I TEMPI ERANO OSCURI PERCHÉ LORO HANNO TACIUTO
Posted on 1 maggio 2014
Giuseppe Maddaluno“I tempi erano oscuri perché loro hanno taciuto” (G.E.)

Tutto fu molto rapido. Avevamo subìto scacchi difficilmente sopportabili per chi non fosse da tempo avvezzo alla pratica politica (la vittoriasconfitta di febbraio 2013, la carica dei 101, il nuovo Governo con la Destra): eravamo sbeffeggiati ed umiliati da gente che non sempre avevamo stimato ma che incontravamo abitualmente nei nostri luoghi. Eravamo partiti da meno di un anno con documenti chiari e progetti innovativi all’interno dei quali la critica non era connotata nè da ipocrisia nè da piaggeria; il nostro Circolo si presentava non per le cose da fare ma per quelle che aveva già praticate e intendeva continuare a farle.

In tali contesti la lettura della “Memoria politica” che Fabrizio Barca aveva stilato nell’aprile 2013 a conclusione della sua breve esperienza di Governo e ad inizio della sua (ri)militanza politica ha costituito per noi un invito a riprendere il cammino ed un rinnovo delle “passioni” temporaneamente sopite.

Fu, da quel momento, tutto molto rapido. Contattammo il Circolo PD di via dei Giubbonari a Roma dove Fabrizio si era iscritto ed, attraverso la Giulia, riuscimmo ad avere con immediatezza il contatto di Silvia. Dal 30 aprile al 1° Maggio fissammo la data del 5, appena quattro giorni dopo, per quella che sarebbe stata la prima delle tappe “extra moenia romanae” del “Viaggio in Italia”, che abbiamo poi seguito con attenzione e speranze, passioni ideali e pratiche reali.

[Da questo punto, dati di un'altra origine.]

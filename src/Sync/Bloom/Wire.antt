-- ===== src/Sync/Bloom/Wire.antt =====
-- runtime/pullrun-sync/src/bloom.rs: `from_bytes` reads what `to_bytes` wrote, and what it lets in.
use native.Mathlib.Nat.{pow-suc}
use pullrun.Base.{
  ℕ, zero, suc, ◌+◌, ◌*◌, ◌/◌, ◌^◌, ◌≤◌, ◌<◌, ◌≡◌, refl, ap, sym, subst, Option, none, some, List,
  [], ◌∷◌, ◌++◌, arith, append_assoc, le→ltb, length, take, drop, length-append, take-append_length,
  drop-append_length, All, ◌≡⟨◌⟩◌, ◌∎, append-nil,
}
use pullrun.Base.Words.{Bytes, u32_mod, u64_mod}
use pullrun.Sync.Bloom.{
  BloomFilter, word_count, to_le, from_le, words_to_bytes, words_from_bytes, to_bytes, from_bytes,
  parse_filter, contains, contains_loop, g_i,
}

from_le-to_le : (n w : ℕ) → w < 256 ^ n → from_le (to_le n w) ≡ w
unfolding from_le to_le
from_le-to_le zero zero h = refl
from_le-to_le zero (suc w) h = absurd (omega arith)
from_le-to_le (suc n) w h = omega (arith, from_le-to_le n (w / 256) (omega (arith, pow-suc 256 n)))

length-to_le : (n w : ℕ) → length (to_le n w) ≡ n
unfolding to_le
length-to_le zero w = refl
length-to_le (suc n) w = ap suc (length-to_le n (w / 256))

take-to_le : (n w : ℕ) (rest : Bytes) → take n (to_le n w ++ rest) ≡ to_le n w
take-to_le n w rest =
    subst (λ k. take k (to_le n w ++ rest) ≡ to_le n w) (length-to_le n w)
      (take-append_length (to_le n w) rest)

drop-to_le : (n w : ℕ) (rest : Bytes) → drop n (to_le n w ++ rest) ≡ rest
drop-to_le n w rest =
    subst (λ k. drop k (to_le n w ++ rest) ≡ rest) (length-to_le n w)
      (drop-append_length (to_le n w) rest)

words-round :
    (ws : List ℕ) (rest : Bytes)
    → All (λ w. w < u64_mod) ws
    → words_from_bytes (length ws) (words_to_bytes ws ++ rest) ≡ ws
unfolding words_from_bytes words_to_bytes
words-round [] rest h = refl
words-round (w ∷ ws) rest h = rw (
  append_assoc,
  take-to_le 8 w (words_to_bytes ws ++ rest),
  drop-to_le 8 w (words_to_bytes ws ++ rest),
  from_le-to_le 8 w h.0,
  words-round ws rest h.1,
)

length-words : (ws : List ℕ) → length (words_to_bytes ws) ≡ length ws * 8
unfolding words_to_bytes
length-words [] = refl
length-words (w ∷ ws) =
    omega (arith, length-append (to_le 8 w) (words_to_bytes ws), length-to_le 8 w, length-words ws)

-- The fields behind a header of 8 and 4 bytes.
module _ (m k : ℕ) (body : Bytes) where
  abbrev message : Bytes
  message = to_le 8 m ++ (to_le 4 k ++ body)

  drop-header : drop 12 message ≡ body
  drop-header =
      drop 12 message
      ≡⟨ ap (drop 12) (sym (append_assoc (to_le 8 m) (to_le 4 k) body)) ⟩
        drop 12 ((to_le 8 m ++ to_le 4 k) ++ body)
      ≡⟨ subst (λ n. drop n ((to_le 8 m ++ to_le 4 k) ++ body) ≡ body) header_length
          (drop-append_length (to_le 8 m ++ to_le 4 k) body) ⟩
        body ∎
    where
      header_length : length (to_le 8 m ++ to_le 4 k) ≡ 12
      header_length =
          omega (arith, length-append (to_le 8 m) (to_le 4 k), length-to_le 8 m, length-to_le 4 k)

  length-message : length message ≡ 12 + length body
  length-message = omega (
    arith,
    length-append (to_le 8 m) (to_le 4 k ++ body),
    length-append (to_le 4 k) body,
    length-to_le 8 m,
    length-to_le 4 k,
  )

  from-message : m < u64_mod → k < u32_mod → from_bytes message ≡ parse_filter m k message
  unfolding from_bytes
  from-message hm hk = rw (
    le→ltb (length message) 12 (omega (arith, length-message)),
    take-to_le 8 m (to_le 4 k ++ body),
    drop-to_le 8 m (to_le 4 k ++ body),
    take-to_le 4 k body,
    from_le-to_le 8 m hm,
    from_le-to_le 4 k hk,
  )

-- A filter whose numbers fit their fields is read back, but for `num_items`, which is 0; the
-- reported length is that of the filter, whatever follows it.
pub from-to_bytes :
    (f : BloomFilter) (rest : Bytes)
    → f.m < u64_mod
    → f.k < u32_mod
    → All (λ w. w < u64_mod) f.bits
    → length f.bits ≡ word_count f.m
    → from_bytes (to_bytes f ++ rest) ≡ some (record f { num_items = 0 }, length (to_bytes f))
unfolding to_bytes parse_filter
from-to_bytes f rest hm hk hw l =
    let body : Bytes = words_to_bytes f.bits ++ rest in
    let long : 12 + word_count f.m * 8 ≤ length (message f.m f.k body) = omega (
      arith,
      length-message f.m f.k body,
      length-append (words_to_bytes f.bits) rest,
      length-words f.bits,
      l,
    ) in
    rw
      (
        append_assoc,
        append_assoc,
        from-message f.m f.k body hm hk,
        le→ltb (length (message f.m f.k body)) (12 + word_count f.m * 8) long,
        drop-header f.m f.k body,
        ← l,
        words-round f.bits rest hw,
      )
      (ap sized same)
  where
    sized : ℕ → Option (BloomFilter × ℕ)
    sized n = some (record f { num_items = 0 }, n)

    same : 12 + length f.bits * 8 ≡ length (message f.m f.k (words_to_bytes f.bits))
    same = omega (arith, length-message f.m f.k (words_to_bytes f.bits), length-words f.bits)

-- Twelve bytes with m = 0 and a k other than 0 are accepted, and the filter that they make panics
-- on every query.
pub from_bytes-zero_m :
    (sha256 : Bytes → Bytes) (k : ℕ) (item : Bytes)
    → 0 < k
    → k < u32_mod
    → (f : BloomFilter) × (from_bytes (to_le 8 0 ++ to_le 4 k) ≡ some (f, 12))
      × (contains sha256 f item ≡ none)
unfolding parse_filter contains
from_bytes-zero_m sha256 zero item p h = absurd (omega arith)
from_bytes-zero_m sha256 (suc k) item p h =
    (record { bits = []; k = suc k; m = 0; num_items = 0 }, read, unfold contains_loop g_i in refl)
  where
    read :
        from_bytes (to_le 8 0 ++ to_le 4 (suc k))
        ≡ some (record { bits = []; k = suc k; m = 0; num_items = 0 }, 12)
    read =
        rw
          (
            ← append-nil (to_le 4 (suc k)),
            from-message 0 (suc k) [] (omega arith) h,
            le→ltb (length (message 0 (suc k) [])) 12 (omega (arith, length-message 0 (suc k) [])),
          )
          (unfold words_from_bytes in refl)
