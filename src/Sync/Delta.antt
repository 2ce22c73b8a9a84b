-- ===== src/Sync/Delta.antt =====
-- runtime/pullrun-sync/src/delta.rs and the filter of runtime/pullrun-sync/src/block_sync.rs:
-- which blobs to send to a peer, and how a node builds the filter that it publishes.
use mathlib.Core.List.{Mem, mem-cons, mem-cons_self, mem-cons_of_mem, not-mem-nil}
use mathlib.Core.Logic.Or
use mathlib.Core.HLevel.{⊥_prop}
use pullrun.Base.{
  ℕ, ◌<◌, ◌≡◌, ◌⊎◌, inl, inr, refl, ap, sym, subst, ◌∙◌, true, false, Option, some, List, [], ◌∷◌,
  if◌then◌else◌, Bool-cases, Option-cases, some-inj, All, length,
}
use pullrun.Base.Words.{Bytes}
use pullrun.Sync.Bloom.{BloomFilter, ◌>>=◌, new, insert, contains}
use pullrun.Sync.Bloom.Member.{
  IsFilter, IsFilter-new, insert-IsFilter, contains_total, contains-insert_self, contains-insert,
}

module _ (sha256 : Bytes → Bytes) where
  unfoldable pub compute_delta : List Bytes → BloomFilter → Option (List Bytes)
  compute_delta [] peer_filter = some []
  compute_delta (d ∷ ds) peer_filter = do
    there ← contains sha256 peer_filter d
    rest ← compute_delta ds peer_filter
    some (if there then rest else d ∷ rest)

  -- The loop of `rebuild_bloom_filter`.
  unfoldable pub insert_all : List Bytes → BloomFilter → Option BloomFilter
  insert_all [] f = some f
  insert_all (d ∷ ds) f = do g ← insert sha256 d f; insert_all ds g

  -- `BloomFilter::optimal(10000)` is floating-point: its `m` and `k` are arguments. The filter, and
  -- the blob count that is published with it.
  unfoldable pub rebuild_bloom_filter : ℕ → ℕ → List Bytes → Option (BloomFilter × ℕ)
  rebuild_bloom_filter m k digests = do f ← insert_all digests (new m k); some (f, length digests)

  contains-insert_all :
      (ds : List Bytes) (item : Bytes) (f g : BloomFilter)
      → insert_all ds f ≡ some g
      → contains sha256 f item ≡ some true
      → contains sha256 g item ≡ some true
  unfolding insert_all
  contains-insert_all [] item f g e c = rw (← some-inj e) c
  contains-insert_all (d ∷ ds) item f g e c = elim (Option-cases (insert sha256 d f)) [
    | inl n ↦ cc (rw n at e)
    | inr (h, s) ↦
        contains-insert_all ds item h g (rw s at e) (contains-insert sha256 item d f h s c)
  ]

  insert_all-contains :
      (ds : List Bytes) (f g : BloomFilter)
      → insert_all ds f ≡ some g
      → All (λ d. contains sha256 g d ≡ some true) ds
  unfolding insert_all
  insert_all-contains [] f g e = tt
  insert_all-contains (d ∷ ds) f g e = elim (Option-cases (insert sha256 d f)) [
    | inl n ↦ cc (rw n at e)
    | inr (h, s) ↦
        let rest = rw s at e in
        (
          contains-insert_all ds d h g rest (contains-insert_self sha256 d f h s),
          insert_all-contains ds h g rest,
        )
  ]

  insert_all_total :
      (ds : List Bytes) (f : BloomFilter)
      → IsFilter f
      → (g : BloomFilter) × (insert_all ds f ≡ some g) × IsFilter g
  unfolding insert_all
  insert_all_total [] f v = (f, refl, v)
  insert_all_total (d ∷ ds) f v =
      let (h, s, w) = insert-IsFilter sha256 d f v in
      let (g, e, u) = insert_all_total ds h w in (g, rw s e, u)

  -- For any filter size but 0, rebuilding does not panic, gives a well-formed filter that contains
  -- every digest of the store, and counts them.
  pub rebuild-contains :
      (m k : ℕ) (digests : List Bytes)
      → 0 < m
      → (f : BloomFilter) × (rebuild_bloom_filter m k digests ≡ some (f, length digests))
        × IsFilter f
        × All (λ d. contains sha256 f d ≡ some true) digests
  unfolding rebuild_bloom_filter
  rebuild-contains m k digests h =
      let (f, e, v) = insert_all_total digests (new m k) (IsFilter-new m k h) in
      (f, rw e, v, insert_all-contains digests (new m k) f e)

  -- What the delta holds, and that every local blob is in it or in the peer's filter.
  abbrev pub IsDelta : List Bytes → BloomFilter → List Bytes → Type 0
  IsDelta local f out =
      All (λ d. contains sha256 f d ≡ some false) out
      × All (λ d. (contains sha256 f d ≡ some true) ⊎ Mem d out) local
      × All (λ d. Mem d local) out

  -- On a well-formed filter the delta is computed without a panic: it names local blobs only,
  -- none that the filter contains, and every local blob that the filter does not contain.
  pub compute_delta-IsDelta :
      (local : List Bytes) (f : BloomFilter)
      → IsFilter f
      → (out : List Bytes) × (compute_delta local f ≡ some out) × IsDelta local f out
  unfolding compute_delta
  compute_delta-IsDelta [] f v = ([], refl, (tt, tt, tt))
  compute_delta-IsDelta (d ∷ ds) f v =
      let (out, e, (sent, kept, own)) = compute_delta-IsDelta ds f v in
      let (b, c) = contains_total sha256 d f v in
      elim (Bool-cases b) [
        | inl there ↦
            (out, rw (c, e, there), (sent, (inl (rw there at c), kept), wider d ds out own))
        | inr missing ↦ (
          d ∷ out,
          rw (c, e, missing),
          (
            (rw missing at c, sent),
            (inr mem-cons_self, later d out ds kept),
            (mem-cons_self, wider d ds out own),
          ),
        )
      ]
    where
      wider :
          (x : Bytes) (l out : List Bytes) → All (λ d. Mem d l) out → All (λ d. Mem d (x ∷ l)) out
      wider x l [] h = tt
      wider x l (y ∷ out) h = (mem-cons_of_mem x h.0, wider x l out h.1)

      later :
          (x : Bytes) (out l : List Bytes)
          → All (λ d. (contains sha256 f d ≡ some true) ⊎ Mem d out) l
          → All (λ d. (contains sha256 f d ≡ some true) ⊎ Mem d (x ∷ out)) l
      later x out [] h = tt
      later x out (y ∷ l) (inl c, h) = (inl c, later x out l h)
      later x out (y ∷ l) (inr m, h) = (inr (mem-cons_of_mem x m), later x out l h)

  -- A delta against the filter that a peer built of its own blobs, with a size but 0, names none
  -- of them.
  pub compute_delta-rebuild :
      (m k : ℕ) (local digests out : List Bytes) (f : BloomFilter)
      → 0 < m
      → rebuild_bloom_filter m k digests ≡ some (f, length digests)
      → compute_delta local f ≡ some out
      → All (λ d. ¬ Mem d out) digests
  compute_delta-rebuild m k local digests out f h r e =
      let (g, rg, v, there) = rebuild-contains m k digests h in
      let same : g ≡ f = ap (λ (p : BloomFilter × ℕ). p.0) (some-inj (sym rg ∙ r)) in
      let (o, eo, (sent, kept, own)) = compute_delta-IsDelta local f (subst IsFilter same v) in
      let out_eq : o ≡ out = some-inj (sym eo ∙ e) in
      absent digests (subst (λ x. All (λ d. contains sha256 x d ≡ some true) digests) same there)
        (subst (All (λ d. contains sha256 f d ≡ some false)) out_eq sent)
    where
      not_mem :
          (d : Bytes) (l : List Bytes)
          → contains sha256 f d ≡ some true
          → All (λ x. contains sha256 f x ≡ some false) l
          → ¬ Mem d l
      not_mem d [] c h = λ q. not-mem-nil q
      not_mem d (x ∷ l) c h = λ q.
          Or.elim ⊥_prop (mem-cons.0 q) (λ s. cc (c, h.0, ap (contains sha256 f) s))
            (not_mem d l c h.1)

      absent :
          (l : List Bytes)
          → All (λ d. contains sha256 f d ≡ some true) l
          → All (λ x. contains sha256 f x ≡ some false) out
          → All (λ d. ¬ Mem d out) l
      absent [] c s = tt
      absent (d ∷ l) c s = (not_mem d out c.0 s, absent l c.1 s)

Abbiamo da sempre sostenuto che il Rinnovamento dovesse avere un profondo radicamento nella Cultura e nella Conoscenza, costruito mattone su mattone attraverso un lavoro costante e quotidiano basato su una profonda coerenza fra idea e prassi; in poche parole proprio quello che Fabrizio Barca chiama “sperimentalismo democratico”. E la stessa idea che l’azione politica debba muoversi dalle periferie, dai Circoli, dall’Associazionismo diffuso (come lo è dalle nostre parti) per andare verso i “centri” e non viceversa, ci convinceva e ci stimolava ad andare avanti, a fare di più, molto di più.

E, dunque, con lo strumento de “La Palestra delle Idee”, che richiamava in sé il “Partito palestra” di confronto di idee apertissimo ai contatti, ai rapporti che arricchiscono le “sintesi” provvisorie e finali, abbiamo lavorato su alcuni temi che coinvolgono il nostro territorio di appartenenza, un’area ad Ovest del Centro storico di Prato fra le due arterie parallele (Via Filzi e via Pistoiese) della cosiddetta “Chinatown”, la Declassata Firenze Prato Pistoia e la Tangenziale Sud-Nord: il Quartiere di San Paolo.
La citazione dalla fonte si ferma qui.